A similar issue exists in higher dimensional action spaces, lots of possible actions to evaluate. It would be nice if we could map a given state to an action directly. Even if the resulting policy is a bit more complex, it would significantly reduce the computation time needed to act, and that's something a policy-based method can enable.

See the video here.

Summary

drawing

Policy-Based Methods

With value-based methods, the agent uses its experience with the environment to maintain an estimate of the optimal action-value function. The optimal policy is then obtained from the optimal action-value function estimate.
Policy-based methods directly learn the optimal policy, without having to maintain a separate value function estimate.

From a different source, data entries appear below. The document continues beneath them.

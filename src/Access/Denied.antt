-- ===== src/Access/Denied.antt =====
-- allow.c: users that fcron.deny names.
use fcron.Prelude.{
  ◌≡◌, refl, Bool, true, false, not, ◌||◌, Option, some, List, [], ◌∷◌, ◌++◌, codes, All,
  if◌then◌else◌,
}
use fcron.Parser.{Text}
use fcron.Strings.{same_text}
use fcron.Access.{Listed, entry_of, is_comment, in_lines, in_file, may_use, is_allowed}

-- A line that is an entry for the user.
abbrev pub IsEntryOf : Text → Text → Type 0
IsEntryOf user line = (is_comment line ≡ false) × (same_text user (entry_of line) ≡ true)

-- A line that is not an entry for all users.
abbrev pub IsNotAll : Text → Type 0
IsNotAll line = is_comment line || not (same_text (entry_of line) (codes "all")) ≡ true

in_lines-step :
    (user line : Text) (lines : List Text)
    → IsNotAll line
    → in_lines user lines ≡ Listed.listed
    → in_lines user (line ∷ lines) ≡ Listed.listed
unfolding in_lines
in_lines-step user line lines h e =
    go (is_comment line) (same_text (entry_of line) (codes "all")) (same_text user (entry_of line))
      h
  where
    go :
        (comment all user_named : Bool)
        → comment || not all ≡ true
        → (if comment
            then in_lines user lines
            else if user_named
            then Listed.listed
            else if all
            then Listed.all_listed
            else in_lines user lines)
          ≡ Listed.listed
    go true all user_named h = e
    go false false true h = refl
    go false false false h = e
    go false true user_named h = absurd cc

pub in_lines-listed :
    (user line : Text) (before after : List Text)
    → All IsNotAll before
    → IsEntryOf user line
    → in_lines user (before ++ (line ∷ after)) ≡ Listed.listed
unfolding in_lines
in_lines-listed user line [] after h (entry, named) = rw (entry, named) refl
in_lines-listed user line (b ∷ before) after h named =
    in_lines-step user b (before ++ (line ∷ after)) h.0
      (in_lines-listed user line before after h.1 named)

denied : (allow : Listed) → may_use allow Listed.listed ≡ false
unfolding may_use
denied Listed.no_file = refl
denied _ = refl

-- A user whom a line of fcron.deny names, in front of which no line names all users, may not use
-- fcron, whatever fcron.allow says.
pub is_allowed-denied :
    (in_passwd : Text → Bool) (user line : Text) (before after : List Text)
    (allow : Option (List Text))
    → All IsNotAll before
    → IsEntryOf user line
    → is_allowed in_passwd user allow (some (before ++ (line ∷ after))) ≡ false
unfolding is_allowed in_file
is_allowed-denied in_passwd user line before after allow h named =
    rw (in_lines-listed user line before after h named, denied (in_file user allow))
      (go (in_passwd user))
  where
    go : (b : Bool) → (if b then false else false) ≡ false
    go true = refl
    go false = refl
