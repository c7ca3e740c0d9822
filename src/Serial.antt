-- ===== src/Serial.antt =====
-- database.c: the serial queue, a ring of lines in `serial_array`, which grows when it is full.
-- Its sizes and indices are numbers of a `short int`. `none` is a NULL entry. The ring is only touched by `serial_put` (the part of `add_serial_job`
-- below its guards) and `serial_take` (the part of `run_serial_job` on the array).
pub mod Fifo
pub mod Resize
use fcron.Prelude.{
  ℕ, ◌+◌, ◌-◌, ◌%◌, ◌^◌, Option, none, some, List, [], ◌∷◌, ◌++◌, length, take, drop, get_or, set,
  replicate, leb, if◌then◌else◌,
}

-- The bit pattern of a sum that goes to a `short int`. From 2 ^ 15 on it is negative.
abbrev pub short : ℕ → ℕ
short n = n % 2 ^ 16

-- The globals `serial_array`, `serial_array_size`, `serial_array_index`, `serial_num` and
-- `serial_running`.
pub record Serial : Type 0 where
  pub array : List (Option ℕ)
  pub array_size : ℕ
  pub array_index : ℕ
  pub num : ℕ
  pub running : ℕ

-- SERIAL_GROW_SIZE
abbrev pub grow_size : ℕ
grow_size = 10

-- `memcpy(dst + off, src, …)` for all of `src`
abbrev pub memcpy {ℓ} : {A : Type ℓ} → List A → ℕ → List A → List A
memcpy dst off src = take off dst ++ (src ++ drop (off + length src) dst)

-- The array with `size` entries, with the two copies as they are written: the first
-- `old_size - index` entries go to position `index`, the last `index` entries to the front.
unfoldable pub resize_to : ℕ → Serial → Serial
resize_to size s =
    let old_size = s.array_size in
    let ptr = replicate size none in
    let ptr = memcpy ptr s.array_index (take (old_size - s.array_index) s.array) in
    let ptr = memcpy ptr 0 (take s.array_index (drop (old_size - s.array_index) s.array)) in
    record s { array = ptr; array_size = size; array_index = 0 }

-- The branch that grows the array. For a size of 2 ^ 15 or more, which is negative, `alloc_safe` ends the
-- program.
unfoldable pub resize : Serial → Serial
unfolding resize_to
resize s = resize_to (short (s.array_size + grow_size)) s

-- `index + k`, less the size if that is past the end.
abbrev pub wrap : ℕ → ℕ → ℕ
wrap size i = if leb size i then i - size else i

-- Where the next line goes. A negative index, which is below the size, stays as it is.
abbrev pub slot : Serial → ℕ
slot s = let i = short (s.array_index + s.num) in if leb (2 ^ 15) i then i else wrap s.array_size i

-- Append a line: at the end of `add_serial_job`. A write at a negative index, in front of the array, leaves
-- the array as it is. `serial_num` is below the size, so that it does not wrap.
unfoldable pub append : ℕ → Serial → Serial
append line s = record s { array = set s.array (slot s) (some line); num = s.num + 1 }

-- The array part of `add_serial_job`: `none` if the queue is full.
unfoldable pub serial_put : ℕ → ℕ → Serial → Option Serial
unfolding append resize
serial_put queue_max line s =
    if leb s.array_size s.num
    then (if leb queue_max s.num then none else some (append line (resize s)))
    else some (append line s)

-- `run_serial_job` on the array: the line to run, if any.
unfoldable pub serial_take : Serial → Option ℕ × Serial
serial_take s =
    if leb 1 s.num
    then (
      get_or s.array s.array_index none,
      record s {
        array = set s.array s.array_index none;
        running = s.running + 1;
        array_index = wrap s.array_size (s.array_index + 1);
        num = s.num - 1;
      },
    )
    else (none, s)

Policy Function Approximation

In deep reinforcement learning, it is common to represent the policy with a neural network.
- This network takes the environment state as input.
- If the environment has discrete actions, the output layer has a node for each possible action and contains the probability that the agent should select each possible action.
The weights in this neural network are initially set to random values. Then, the agent updates the weights as it interacts with (and learns more about) the environment.

Hill Climbing

Hill climbing is an iterative algorithm that can be used to find the weights $\theta$ - for an optimal policy.
At each iteration,
- We slightly perturb the values of the current best estimate for the weights $\theta_{best}$ , - to yield a new set of weights.
These new weights are then used to collect an episode. If the new weights $\theta_{new}$ resulted in higher return than the old weights, then we set $\theta_{best} \leftarrow \theta_{new}$ .

Beyond Hill Climbing

Steepest ascent hill climbing is a variation of hill climbing that chooses a small number of neighboring policies at each iteration and chooses the best among them.
Simulated annealing uses a pre-defined schedule to control how the policy space is explored, and gradually reduces the search radius as we get closer to the optimal solution.
Adaptive noise scaling decreases the search radius with each iteration when a new best policy is found, and otherwise increases the search radius.

More Black-Box Optimization

The cross-entropy method iteratively suggests a small number of neighboring policies, and uses a small percentage of the best performing policies to calculate a new estimate.
The evolution strategies technique considers the return corresponding to each candidate policy. The policy estimate at the next iteration is a weighted sum of all of the candidate policies, where policies that got higher return are given higher weight.

Why Policy-Based Methods?

There are three reasons why we consider policy-based methods:
1. Simplicity: Policy-based methods directly get to the problem at hand (estimating the optimal policy), without having to store a bunch of additional data (i.e., the action values) that may not be useful.
2. Stochastic policies: Unlike value-based methods, policy-based methods can learn true stochastic policies.
3. Continuous action spaces: Policy-based methods are well-suited for continuous action spaces.